Frequently Asked Questions

How to load data using Canopy’s Data Import Tool?

There are multiple ways in which a data set can be loaded using Enthought Canopy’s Data Import Tool. See Launching the Data Import Tool for an overview and Working with Major League Baseball Batting Data, Working with Wind Speed Data for specific use cases.

Which file types can be loaded by the Data Import Tool?

Generally, the tool will attempt to load any text-based file format (.txt, .csv, etc) and the more structure it has the better the tool can perform. However, certain file types are explicitly not accepted due to their format:

  • .py
  • .xml
  • .pdf
  • .json
  • .h5
  • .gif
  • .jpg
  • .png

Why is the Data Import Tool not displaying the dataset properly?

After reading your file, the Data Import Tool tries to infer certain characteristics about the supplied data, such as what the comment character might be present, what the column separator is, whether or not there is a row containing column headers, and so on. Sometimes, our algorithms might not detect one, or many, of these parameters correctly, in which case your dataset might not be displayed properly. You can set these parameters yourselves (See Read Data Command to know how). Clicking Refresh Data should now display the dataset as you would expect it to be.

Hovering over these parameters in the Data Import Tool should also provide a tooltip with additional information on what the parameter is used for by the Tool.

How do I determine whether my data contains Null/NaN values?

When the Data Import Tool reads the file, it may detect missing values. Additionally, the tool may decide to convert a column to a particular data type. If certain values cannot be coerced into the new data type, the tool will set that value to Null in the data but keep a note of the original value and display that content via a mask. The user can easily display the positions of the Null/NaN values in the DataFrame by ticking the Highlight Null Values checkbox at the bottom left corner of the DataFrame display.
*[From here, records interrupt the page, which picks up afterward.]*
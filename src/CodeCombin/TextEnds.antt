-- ===== src/CodeCombin/TextEnds.antt =====
-- `TextElement::loadFromFile` of common/codecombin.cpp comes to its end: each round leaves less of the
-- file.
use ministudo_guibuilder.Prelude.{
  ℕ, zero, suc, ◌+◌, ◌*◌, ◌≤◌, ◌<◌, ◌≡◌, refl, sym, ap, ◌∙◌, Bool, true, false, Option, none, some,
  [], ◌∷◌, ◌++◌, leb, if◌then◌else◌, length, arith, Bool-cases, inl, inr, some-inj,
}
use ministudo_guibuilder.Prelude.Run.{done}
use ministudo_guibuilder.CodeCombin.Element.{Text}
use ministudo_guibuilder.CodeCombin.Stream.{Stream, fgetnstr, fungetnstr}
use ministudo_guibuilder.CodeCombin.Load.{
  Loading, is_mark, flush_full, at_line, in_line, next_char, text_round, load_text, flush_rest,
}
use ministudo_guibuilder.CodeCombin.Lengths.{
  left, size, size-le, fgetnstr-length, fungetnstr-length,
}

-- A round at the start of a line keeps all that it gives back, and the next round is within the line.
abbrev After : Stream → Option Loading × Stream → Type 0
After s (o, s') = (size s' ≤ size s) × ((l : Loading) → o ≡ some l → l.newline ≡ false)

pub flush_full-newline : (l : Loading) → (flush_full l).newline ≡ l.newline
flush_full-newline l = elim (Bool-cases (leb 4090 (length l.buffer))) [
  | inl full ↦ rw full refl
  | inr room ↦ rw room refl
]

at_line-After :
    (l : Loading) (s : Stream) (r : Text × Stream)
    → s.at_end ≡ false
    → length r.0 + left r.1 ≤ left s
    → After s (at_line l r)
at_line-After l s (w, s') unread h = elim (Bool-cases (is_mark w)) [
  | inl mark ↦
      rw (mark, unread)
        (omega (arith, size-le (fungetnstr w s'), fungetnstr-length w s'), λ l' e. cc e)
  | inr other ↦
      rw (other, unread)
        (
          omega (arith, size-le s'),
          λ l' e.
              ap (λ (m : Loading). m.newline) (sym (some-inj e))
              ∙ flush_full-newline (record l { newline = false; buffer = l.buffer ++ w }),
        )
]

text_round-line :
    (l : Loading) (s : Stream) → s.at_end ≡ false → l.newline ≡ true → After s (text_round l s)
unfolding text_round
text_round-line l s unread newline =
    rw newline (at_line-After l s (fgetnstr 5 s) unread (fgetnstr-length 5 s))

text_round-char :
    (l : Loading) (s : Stream)
    → s.at_end ≡ false
    → l.newline ≡ false
    → (l' : Loading) × ((text_round l s).0 ≡ some l') × size (text_round l s).1 < size s
unfolding text_round
text_round-char l s unread inside = rw (inside, unread) (by_rest s.rest)
  where
    by_rest :
        (cs : Text)
        → (l' : Loading) × ((in_line (next_char l cs)).0 ≡ some l')
          × size (in_line (next_char l cs)).1 < suc (length cs)
    by_rest [] = (_, refl, omega arith)
    by_rest (c ∷ cs) = (_, refl, omega arith)

abbrev pub rounds : Loading → Stream → ℕ
rounds l s = 2 * size s + (if l.newline then 1 else 0)

rounds-line : (l : Loading) (s : Stream) → l.newline ≡ true → rounds l s ≡ 2 * size s + 1
rounds-line l s newline = ap (λ (b : Bool). 2 * size s + (if b then 1 else 0)) newline

rounds-char : (l : Loading) (s : Stream) → l.newline ≡ false → rounds l s ≡ 2 * size s
rounds-char l s inside = ap (λ (b : Bool). 2 * size s + (if b then 1 else 0)) inside ∙ omega arith

rounds-le : (l : Loading) (s : Stream) → rounds l s ≤ 2 * size s + 1
rounds-le l s = elim (Bool-cases l.newline) [
  | inl newline ↦ omega (arith, rounds-line l s newline)
  | inr inside ↦ omega (arith, rounds-char l s inside)
]

pub load_text-next :
    (fuel : ℕ) (l : Loading) (s : Stream) (l' : Loading)
    → s.at_end ≡ false
    → (text_round l s).0 ≡ some l'
    → load_text (suc fuel) l s ≡ load_text fuel l' (text_round l s).1
unfolding load_text
load_text-next fuel l s l' unread e = rw (e, unread) refl

pub load_text-break :
    (fuel : ℕ) (l : Loading) (s : Stream)
    → s.at_end ≡ false
    → (text_round l s).0 ≡ none
    → load_text (suc fuel) l s ≡ done (flush_rest l, (text_round l s).1)
unfolding load_text
load_text-break fuel l s unread e = rw (e, unread) refl

pub load_text-end :
    (fuel : ℕ) (l : Loading) (s : Stream)
    → s.at_end ≡ true
    → load_text (suc fuel) l s ≡ done (flush_rest l, s)
unfolding load_text
load_text-end fuel l s at_end = rw at_end refl

-- With fuel for two rounds a character `TextElement::loadFromFile` ends, and it reads a character
-- unless it starts at a line.
pub load_text-ends :
    (fuel : ℕ) (l : Loading) (s : Stream)
    → rounds l s < fuel
    → (r : Option Text × Stream) × (load_text fuel l s ≡ done r)
      × (size r.1 ≤ size s)
      × (l.newline ≡ false → s.at_end ≡ false → size r.1 < size s)
load_text-ends zero l s h = elim h [ ]
load_text-ends (suc fuel) l s h = elim (Bool-cases s.at_end) [
  | inl at_end ↦
      ((flush_rest l, s), load_text-end fuel l s at_end, omega arith, λ a b. cc (at_end, b))
  | inr unread ↦ elim (Bool-cases l.newline) [
    | inl newline ↦
        at_line_start unread newline (text_round l s).0 refl (text_round-line l s unread newline)
          (λ l' fits. load_text-ends fuel l' (text_round l s).1 fits)
    | inr inside ↦
        let (l', e, shorter) = text_round-char l s unread inside in
        let (r, ends, le, lt) =
          load_text-ends fuel l' (text_round l s).1
            (omega (arith, rounds-le l' (text_round l s).1, rounds-char l s inside)) in
        (r, load_text-next fuel l s l' unread e ∙ ends, omega arith, λ a b. omega arith)
  ]
]
  where
    at_line_start :
        s.at_end ≡ false
        → l.newline ≡ true
        → (o : Option Loading) → (text_round l s).0 ≡ o
        → After s (o, (text_round l s).1)
        → ((l' : Loading)
            → rounds l' (text_round l s).1 < fuel
            → (r : Option Text × Stream) × (load_text fuel l' (text_round l s).1 ≡ done r)
              × (size r.1 ≤ size (text_round l s).1)
              × (l'.newline ≡ false
                  → (text_round l s).1.at_end ≡ false
                  → size r.1 < size (text_round l s).1))
        → (r : Option Text × Stream) × (load_text (suc fuel) l s ≡ done r)
          × (size r.1 ≤ size s)
          × (l.newline ≡ false → s.at_end ≡ false → size r.1 < size s)
    at_line_start unread newline none e after rest = (
      (flush_rest l, (text_round l s).1),
      load_text-break fuel l s unread e,
      after.0,
      λ a b. cc (newline, a),
    )
    at_line_start unread newline (some l') e after rest =
        let (r, ends, le, lt) = rest l' (
          omega (
            arith,
            rounds-char l' (text_round l s).1 (after.1 l' refl),
            rounds-line l s newline,
            after.0,
          )) in
        (
          r,
          load_text-next fuel l s l' unread e ∙ ends,
          omega (arith, after.0),
          λ a b. cc (newline, a),
        )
Note that the Tool assumes certain values as Null/NaN values during the initial read-in. Refer to Missing Values for more.

How to sort column data?

See this description in our Commands section for how to sort a column.

How to insert a new column?

The Insert Column command can be accessed by right-clicking on a column header or from the Transform menu of the Data Import Tool. See Insert Column for an overview of how the command can be used and Step 2: Convert Year by Inserting Column, Step 5: Insert Column with Converted Wind Speed for specific use cases.
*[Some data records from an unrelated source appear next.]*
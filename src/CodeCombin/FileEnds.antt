-- ===== src/CodeCombin/FileEnds.antt =====
-- Loading and combining files in common/codecombin.cpp comes to its end.
use ministudo_guibuilder.Prelude.{
  ℕ, zero, suc, ◌+◌, ◌*◌, ◌≤◌, ◌<◌, ◌≡◌, ◌≢◌, refl, ap, ◌∙◌, Bool, true, false, Option, none, some,
  List, [], ◌∷◌, ◌++◌, if◌then◌else◌, length, arith, Bool-cases, inl, inr,
}
use ministudo_guibuilder.Prelude.Run.{done, out_of_fuel, then_run}
use ministudo_guibuilder.Prelude.Access.{Access, ok, fault}
use ministudo_guibuilder.CodeCombin.Element.{Text, Element, Kind, text, compound, same_text}
use ministudo_guibuilder.CodeCombin.Save.{end_mark}
use ministudo_guibuilder.CodeCombin.Combine.{combin}
use ministudo_guibuilder.CodeCombin.Stream.{Stream, reading, fgetnstr, fungetnstr, fgetword}
use ministudo_guibuilder.CodeCombin.Load.{
  begin_mark, load_text, empty_text, load_name, word_stops, Next, ending, unknown, text_next, child,
  next_of_word, next_child, load_children, with_child, Loaded, document, load_file, children,
  with_children, combine_loaded, code_combin_files,
}
use ministudo_guibuilder.CodeCombin.Lengths.{
  left, size, size-le, size-unread, fgetnstr-length, fungetnstr-length, fgetword-le, load_name-size,
}
use ministudo_guibuilder.CodeCombin.Lookup.{same_text-eq}
use ministudo_guibuilder.CodeCombin.TextEnds.{load_text-ends}

-- What `next_child` leaves of the file.
abbrev Less : Stream → Next × Stream → Type 0
Less s (n, s') = (left s' ≤ left s) × ((k : Kind) → n ≡ child k → left s' < left s)

same_text-length : (a b : Text) → same_text a b ≡ true → length a ≡ length b
same_text-length a b h = ap length (same_text-eq a b h)

marked :
    (s : Stream) (mark : Text) (s' : Stream)
    → length mark + left s' ≤ left s
    → Less s (
        if same_text mark end_mark
        then (ending, s')
        else if same_text mark begin_mark
        then next_of_word (fgetword word_stops 255 s')
        else (text_next, fungetnstr mark s'))
marked s mark s' h = elim (Bool-cases (same_text mark end_mark)) [
  | inl last ↦ rw last (omega arith, λ k e. cc e)
  | inr more ↦ elim (Bool-cases (same_text mark begin_mark)) [
    | inl part ↦
        let word = fgetword-le word_stops 255 s' in
        let five = same_text-length mark begin_mark part in
        rw (more, part) (omega arith, λ k e. omega arith)
    | inr plain ↦ rw (more, plain) (omega (arith, fungetnstr-length mark s'), λ k e. cc e)
  ]
]

next_child-Less : (s : Stream) → Less s (next_child s)
unfolding next_child
next_child-Less s = marked s (fgetnstr 5 s).0 (fgetnstr 5 s).1 (fgetnstr-length 5 s)

size-end : (s : Stream) → s.at_end ≡ true → size s ≡ 0
size-end s over = ap (λ (b : Bool). if b then 0 else suc (left s)) over

abbrev Ends : ℕ → List Element → Stream → Type 0
Ends fuel es s = (r : Loaded) × (load_children fuel es s ≡ done r) × (size r.2 ≤ size s)

module _ (fuel : ℕ) (es : List Element) (s : Stream) (unread : s.at_end ≡ false) where
  load_children-text :
      (r : Option Text × Stream)
      → (next_child s).0 ≡ text_next
      → load_text fuel empty_text (next_child s).1 ≡ done r
      → load_children (suc fuel) es s ≡ load_children fuel (es ++ text r.0 ∷ []) r.1
  unfolding load_children
  load_children-text r e ends = rw (e, ends, unread) refl

  load_children-child :
      (k : Kind) (r : Loaded)
      → (next_child s).0 ≡ child k
      → load_children fuel [] (load_name (next_child s).1).1 ≡ done r
      → load_children (suc fuel) es s
        ≡ load_children fuel (with_child k (load_name (next_child s).1).0 es r) r.2
  unfolding load_children
  load_children-child k r e ends = rw (e, ends, unread) refl

-- With fuel for three rounds a character `CompoundElement::loadFromFile` ends.
load_children-Ends :
    (fuel : ℕ) (es : List Element) (s : Stream) → 3 * size s < fuel → Ends fuel es s
unfolding load_children
load_children-Ends zero es s h = elim h [ ]
load_children-Ends (suc fuel) es s h = elim (Bool-cases s.at_end) [
  | inl at_end ↦ ((true, es, s), rw at_end refl, omega arith)
  | inr unread ↦
      by_next (next_child s).0 refl unread (next_child-Less s)
        (λ es' s' fits. load_children-Ends fuel es' s' fits)
]
  where
    le : s.at_end ≡ false → left (next_child s).1 ≤ left s → size (next_child s).1 ≤ size s
    le unread less = omega (arith, size-unread s unread, size-le (next_child s).1)

    by_next :
        (n : Next)
        → (next_child s).0 ≡ n
        → s.at_end ≡ false
        → Less s (n, (next_child s).1)
        → ((es' : List Element) (s' : Stream) → 3 * size s' < fuel → Ends fuel es' s')
        → Ends (suc fuel) es s
    by_next ending e unread less rest =
        ((true, es, (next_child s).1), rw (e, unread) refl, le unread less.0)
    by_next unknown e unread less rest =
        ((false, es, (next_child s).1), rw (e, unread) refl, le unread less.0)
    by_next text_next e unread less rest =
        let s' = (next_child s).1 in
        let size_s = size-unread s unread in
        let shorter = le unread less.0 in
        let (r, ends, at_most, below) = load_text-ends fuel empty_text s' (omega arith) in
        let progress : size r.1 < size s = elim (Bool-cases s'.at_end) [
          | inl over ↦ omega (arith, size-end s' over)
          | inr more ↦ omega (arith, below refl more)
        ] in
        let (r', ends', at_most') = rest (es ++ text r.0 ∷ []) r.1 (omega arith) in
        (r', load_children-text fuel es s unread r e ends ∙ ends', omega arith)
    by_next (child k) e unread less rest =
        let s' = (next_child s).1 in
        let size_s = size-unread s unread in
        let shorter = less.1 k refl in
        let inner = load_name-size s' in
        let small = size-le s' in
        let (r, ends, at_most) = rest [] (load_name s').1 (omega arith) in
        let (r', ends', at_most') = rest (with_child k (load_name s').0 es r) r.2 (omega arith) in
        (r', load_children-child fuel es s unread k r e ends ∙ ends', omega arith)

-- With fuel for three rounds a byte, `LoadFromFile` ends.
load_file-ends :
    (fuel : ℕ) (bytes : Text)
    → 3 * suc (length bytes) < fuel
    → (e : Option Element) × (load_file fuel (some bytes) ≡ done e)
unfolding load_file
load_file-ends fuel bytes h =
    let (name, s) = load_name (reading bytes) in
    let (r, ends, at_most) =
      load_children-Ends fuel [] s (omega (arith, load_name-size (reading bytes))) in
    (document name r, rw ends refl)

abbrev pub file_size : Option Text → ℕ
file_size none = 0
file_size (some bytes) = length bytes

loaded :
    (fuel : ℕ) (file : Option Text)
    → 3 * suc (file_size file) < fuel
    → (e : Option Element) × (load_file fuel file ≡ done e)
loaded fuel none h = (none, unfold load_file in refl)
loaded fuel (some bytes) h = load_file-ends fuel bytes h

combine_loaded-ends : (from to : Option Element) → combine_loaded from to ≢ out_of_fuel
combine_loaded-ends none to e = cc e
combine_loaded-ends (some from) none e = cc e
combine_loaded-ends (some from) (some to) e = written to (combin (children to) (children from)) e
  where
    written :
        (to : Element) (r : Access (List Element))
        → then_run (with_children to r) (λ bytes. done (some bytes)) ≢ out_of_fuel
    written to fault e = cc e
    written (text t) (ok es) e = cc e
    written (compound k name old) (ok es) e = cc e

-- With fuel for three rounds a byte of each file, CodeCombinFiles comes to an end, be it a crash.
pub code_combin_files-ends :
    (fuel : ℕ) (from to : Option Text)
    → 3 * suc (file_size from) < fuel
    → 3 * suc (file_size to) < fuel
    → code_combin_files fuel from to ≢ out_of_fuel
unfolding code_combin_files
code_combin_files-ends fuel from to h h' e =
    let (f, read_f) = loaded fuel from h in
    let (t, read_t) = loaded fuel to h' in combine_loaded-ends f t (rw (read_f, read_t) at e)
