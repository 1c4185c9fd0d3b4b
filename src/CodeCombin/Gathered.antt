-- ===== src/CodeCombin/Gathered.antt =====
-- The text and the buffer of `TextElement::loadFromFile` in common/codecombin.cpp.
use ministudo_guibuilder.Prelude.{
  ℕ, ◌≡◌, refl, sym, ap, ◌∙◌, Bool, false, Option, none, some, [], ◌∷◌, ◌++◌, leb, ◌==◌, length,
  arith, Bool-cases, inl, inr, All, All-append,
}
use mathlib.Core.List.{append_assoc, append-nil}
use ministudo_guibuilder.CodeCombin.Element.{Text, insert_text, append_text}
use ministudo_guibuilder.CodeCombin.Save.{take-length, drop-length}
use ministudo_guibuilder.CodeCombin.Load.{Loading, c_string, flush_full, flush_rest}

abbrev pub IsByte : ℕ → Type 0
IsByte c = (c == 0) ≡ false

c_string-bytes : (cs : Text) → All IsByte cs → c_string cs ≡ cs
c_string-bytes [] h = refl
c_string-bytes (c ∷ cs) h = rw h.0 (ap (λ u. c ∷ u) (c_string-bytes cs h.1))

append_text-some : (cs w : Text) → append_text (some cs) w ≡ some (cs ++ w)
unfolding append_text insert_text
append_text-some cs [] = ap some (sym (append-nil cs))
append_text-some cs (c ∷ w) =
    rw (take-length cs, drop-length cs) (ap (λ u. some (cs ++ c ∷ u)) (append-nil w))

pub append_text-nil : (t : Option Text) → append_text t [] ≡ t
unfolding append_text insert_text
append_text-nil t = refl

pub append_text-cons : (c : ℕ) (w : Text) → append_text none (c ∷ w) ≡ some (c ∷ w)
unfolding append_text insert_text
append_text-cons c w = refl

append_text-append :
    (t : Option Text) (v w : Text) → append_text t (v ++ w) ≡ append_text (append_text t v) w
append_text-append (some cs) v w =
    append_text-some cs (v ++ w)
    ∙ ap some (sym (append_assoc cs v w))
    ∙ sym (append_text-some (cs ++ v) w)
    ∙ ap (λ t. append_text t w) (sym (append_text-some cs v))
append_text-append none [] w = ap (λ t. append_text t w) (sym (append_text-nil none))
append_text-append none (c ∷ v) w =
    append_text-cons c (v ++ w)
    ∙ sym (append_text-some (c ∷ v) w)
    ∙ ap (λ t. append_text t w) (sym (append_text-cons c v))

-- The text and the buffer together hold what has been read.
pub record Gathered (l : Loading) (acc : Text) : Type 0 where
  pub bytes : All IsByte l.buffer
  pub so_far : append_text l.loaded l.buffer ≡ append_text none acc

Gathered-flush : (l : Loading) (acc : Text) → Gathered l acc → Gathered (flush_full l) acc
Gathered-flush l acc g = elim (Bool-cases (leb 4090 (length l.buffer))) [
  | inl full ↦ rw full (record {
    bytes = tt;
    so_far =
        append_text-nil _ ∙ ap (append_text l.loaded) (c_string-bytes l.buffer g.bytes) ∙ g.so_far;
  })
  | inr room ↦ rw room g
]

pub Gathered-read :
    (l : Loading) (acc w : Text) (newline : Bool)
    → Gathered l acc
    → All IsByte w
    → Gathered (flush_full (record l { newline = newline; buffer = l.buffer ++ w })) (acc ++ w)
Gathered-read l acc w newline g h =
    Gathered-flush (record l { newline = newline; buffer = l.buffer ++ w }) (acc ++ w)
      (record {
        bytes = All-append IsByte l.buffer w g.bytes h;
        so_far =
            append_text-append l.loaded l.buffer w
            ∙ ap (λ t. append_text t w) g.so_far
            ∙ sym (append_text-append none acc w);
      })

pub Gathered-rest :
    (l : Loading) (acc : Text) → Gathered l acc → flush_rest l ≡ append_text none acc
Gathered-rest l acc g = elim (Bool-cases (leb 1 (length l.buffer))) [
  | inl more ↦ rw more (ap (append_text l.loaded) (c_string-bytes l.buffer g.bytes) ∙ g.so_far)
  | inr over ↦ rw over (
      sym (append_text-nil l.loaded)
      ∙ ap (append_text l.loaded) (sym (empty l.buffer over))
      ∙ g.so_far)
]
  where
    empty : (w : Text) → leb 1 (length w) ≡ false → w ≡ []
    empty [] h = refl
    empty (c ∷ w) h = absurd (ground arith)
How to join multiple columns to create a new one?

The Join Columns command can be accessed by right-clicking on a column header after selecting multiple columns or from the Transform menu option of the Data Import Tool. See Join Columns for an overview of how the command can be used and Working with Wind Speed Data for a specific use case.

How to convert a column type?

The Data Import Tool attempts to auto-detect the column type when the dataset is being loaded, or when new columns are created. However, the user might understand the data set better or desire a specific conversion. In that case, the user can choose to change the conversion by editing the appropriate Type conversion command in the history, or by right-clicking on the column header and choosing the Convert... command. The available options are float, int, string, datetime, bool.

How to remove specific rows/columns?

The user can choose to delete individual entries in a row/column by pressing the delete shortcut. To remove full rows/columns, the user can select and right-click on any of the specific rows/columns and choose the Delete option.

The user might also need to delete entries in the data set based on a user-set criterion. This can be done using the Delete Rows Where command. See Working with Major League Baseball Batting Data and Working with Wind Speed Data for specific use cases.

What is the Python/Pandas Code View?

As cleaning, manipulating and operating on a data set can involve multiple operations, it would be time-consuming for the user if they had to perform the operations every time they wanted to import the file.

The Python/Pandas Code View displays the auto-generated Python/Pandas code for each command that the user has performed on the data set. This Python/Pandas code can then be exported and saved as a script for reuse later.

How to view the data after loading the dataset to the IPython console?

When you’ve finished importing and click “Use DataFrame”, the data set is loaded as a Pandas DataFrame in the Canopy IPython namespace. At this point, standard Pandas commands can be used to inspect the data, such as df_name.head() and df_name.info(). For further information on working with DataFrames, refer to the Pandas Documentation.

The user can also use the view(df_name) command, which opens a GUI to allow the user to view the entire data set with easy scrolling.

Why is my file being pre-loaded with commands?

After successfully importing a DataFrame into the IPython console, the Data Import Tool autosaves the operations performed on the file. When the file is reloaded using the Tool, the Tool automatically loads the operations previously performed.